## Recorded data
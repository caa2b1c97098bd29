-- ===== src/RwLock/Tests.antt =====
-- src/rwlock.rs: readers and writers that meet, and the theorems at what they reach.
use atomics_for_peace_and_sy.Base.{
  ℕ, zero, suc, ◌≡◌, ◌≤◌, refl, ◌≢◌, ◌⊎◌, true, List, [], ◌∷◌, ◌++◌, arith,
}
use atomics_for_peace_and_sy.Threads.{System}
use atomics_for_peace_and_sy.ThreadLocal.{contains, insert, remove}
use atomics_for_peace_and_sy.Futex.{run, exec}
use atomics_for_peace_and_sy.Futex.Scanning.{scanning}
use atomics_for_peace_and_sy.RwLock.{
  RwLock, new, acquired_read, would_block, too_many_readers, poisoned_write, outside, write_sleep,
  Thread, Choice, call_read, call_write, call_try_read, unlock_read, unlock_write, proceed, step,
  program, u32_max,
}
use atomics_for_peace_and_sy.RwLock.Exclusion.{execute, writer_excludes}
use atomics_for_peace_and_sy.RwLock.Inv.{max_threads}
use atomics_for_peace_and_sy.RwLock.Refines.{rwlock, start, lock_of, rwlock_refines}
use atomics_for_peace_and_sy.RwLockSpec.{Move, shared}
use atomics_for_peace_and_sy.Simulation.{Trace, history}
use atomics_for_peace_and_sy.RwLock.Stuck.{read_never_returns}
use atomics_for_peace_and_sy.RwLock.Wakeups.{missed, wakeup_missed}
use atomics_for_peace_and_sy.RwLock.Calls.{try_check, try_returns}

abbrev times : ℕ → ℕ → Choice ℕ → List (ℕ × Choice ℕ × ℕ)
times zero i c = []
times (suc k) i c = (i, c, 0) ∷ times k i c

-- thread `i` makes a call and three or four more steps
abbrev calls : ℕ → Choice ℕ → List (ℕ × Choice ℕ × ℕ)
calls i call = (i, call, 0) ∷ times 4 i proceed

abbrev result : List (ℕ × Choice ℕ × ℕ) → System (RwLock ℕ) (Thread ℕ)
result es = execute scanning 3 (new 5 7) es

abbrev two_readers : List (ℕ × Choice ℕ × ℕ)
two_readers = calls 0 call_read ++ calls 1 call_try_read

abbrev one_writer : List (ℕ × Choice ℕ × ℕ)
one_writer = calls 0 call_write

-- Thread 0 reads, and thread 1 marks the word and is about to wait when thread 0 drops its guard.
abbrev waiting_writer : List (ℕ × Choice ℕ × ℕ)
waiting_writer =
    calls 0 call_read
    ++ ((1, call_write, 0) ∷ times 5 1 proceed)
    ++ ((0, unlock_read, 0) ∷ times 1 0 proceed)

two_readers_run :
    ((result two_readers).mem.state ≡ 4)
    × (((result two_readers).pc 0).reads ≡ 1)
    × (((result two_readers).pc 1).at ≡ outside acquired_read)
unfolding execute run step insert contains remove
two_readers_run = (refl, refl, refl)

one_writer_run :
    ((result (one_writer ++ calls 1 call_try_read)).mem.state ≡ u32_max)
    × (((result (one_writer ++ calls 1 call_try_read)).pc 1).at ≡ outside would_block)
unfolding execute run step insert contains remove
one_writer_run = (refl, refl)

writer_excludes_example :
    ◌≡◌ {A = ℕ} 0 0
    × (((result one_writer).pc 0).writes ≡ 1)
    × (((result one_writer).pc 0).reads ≡ 0)
unfolding execute run step insert contains remove
writer_excludes_example =
    writer_excludes scanning 3 5 7 one_writer (omega arith) 0 0 (omega arith) (omega arith)
      (omega arith) (omega arith)

-- thread 1 calls `read` while thread 0 writes
abbrev late_reader : List (ℕ × Choice ℕ × ℕ)
late_reader = one_writer ++ ((1, call_read, 0) ∷ (1, proceed, 0) ∷ [])

-- what follows: thread 0 unlocks, and thread 1 runs on
abbrev release : List (ℕ × Choice ℕ × ℕ)
release = (0, unlock_write, 0) ∷ (times 5 0 proceed ++ times 9 1 proceed)

read_never_returns_example :
    ((run scanning
        (program scanning)
        3
        (exec scanning (program scanning) 3 (result late_reader) 1 proceed 0)
        release).pc
      1).at
    ≢ outside acquired_read
unfolding execute run step insert contains remove
read_never_returns_example =
    read_never_returns scanning 3 (result late_reader) 1 (omega arith) proceed 0 release refl refl
      acquired_read

abbrev late_writer : List (ℕ × Choice ℕ × ℕ)
late_writer = one_writer ++ ((1, call_write, 0) ∷ (1, proceed, 0) ∷ [])

wakeup_missed_example :
    ((missed scanning 3 (result waiting_writer) 0 1 0).mem.state ≡ 1)
    × (((missed scanning 3 (result waiting_writer) 0 1 0).pc 1).at ≡ write_sleep 2)
unfolding execute run step insert contains remove
wakeup_missed_example =
    wakeup_missed scanning 3 (result waiting_writer) 0 1 0 (omega arith) refl refl refl

abbrev idle_lock : RwLock ℕ
idle_lock = record (new 5 7) { poisoned = true }

abbrev trying : Thread ℕ
trying = record { acquired_ids = []; reads = 0; writes = 0; at = try_check true }

try_returns_example :
    let t1 = (step scanning 0 proceed idle_lock trying).1 in
    let t2 = (step scanning 0 proceed idle_lock t1).1 in
    let t3 = (step scanning 0 proceed idle_lock t2).1 in
    let t4 = (step scanning 0 proceed idle_lock t3).1 in
    (t1.at ≡ outside would_block)
    ⊎ (t2.at ≡ outside would_block)
    ⊎ (t2.at ≡ outside too_many_readers)
    ⊎ (t3.at ≡ outside would_block)
    ⊎ ((t4.reads ≡ 0) × (t4.writes ≡ 1) × (t4.at ≡ outside poisoned_write))
try_returns_example =
    try_returns scanning 0 idle_lock idle_lock idle_lock idle_lock trying proceed proceed proceed
      proceed true refl

few_threads : 3 ≤ max_threads
few_threads = omega arith

rwlock_refines_example :
    Trace Move
      (history (rwlock scanning 3 few_threads) (start 5 7) two_readers)
      (shared 0 7)
      (lock_of (result two_readers).mem)
rwlock_refines_example = rwlock_refines scanning 3 few_threads 5 7 two_readers

-- what the lock stands for while two threads read
two_readers-lock_of : lock_of (result two_readers).mem ≡ shared 2 7
unfolding execute run step insert contains remove
two_readers-lock_of = refl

## Exercise
Word for word, restate the lines above from the line containing "5 1 proceed)" through the line containing "abbrev release : List (ℕ × Choice ℕ × ℕ)", with both included and nothing else.

## Task result
    ++ ((1, call_write, 0) ∷ times 5 1 proceed)
    ++ ((0, unlock_read, 0) ∷ times 1 0 proceed)

two_readers_run :
    ((result two_readers).mem.state ≡ 4)
    × (((result two_readers).pc 0).reads ≡ 1)
    × (((result two_readers).pc 1).at ≡ outside acquired_read)
unfolding execute run step insert contains remove
two_readers_run = (refl, refl, refl)

one_writer_run :
    ((result (one_writer ++ calls 1 call_try_read)).mem.state ≡ u32_max)
    × (((result (one_writer ++ calls 1 call_try_read)).pc 1).at ≡ outside would_block)
unfolding execute run step insert contains remove
one_writer_run = (refl, refl)

writer_excludes_example :
    ◌≡◌ {A = ℕ} 0 0
    × (((result one_writer).pc 0).writes ≡ 1)
    × (((result one_writer).pc 0).reads ≡ 0)
unfolding execute run step insert contains remove
writer_excludes_example =
    writer_excludes scanning 3 5 7 one_writer (omega arith) 0 0 (omega arith) (omega arith)
      (omega arith) (omega arith)

-- thread 1 calls `read` while thread 0 writes
abbrev late_reader : List (ℕ × Choice ℕ × ℕ)
late_reader = one_writer ++ ((1, call_read, 0) ∷ (1, proceed, 0) ∷ [])

-- what follows: thread 0 unlocks, and thread 1 runs on
abbrev release : List (ℕ × Choice ℕ × ℕ)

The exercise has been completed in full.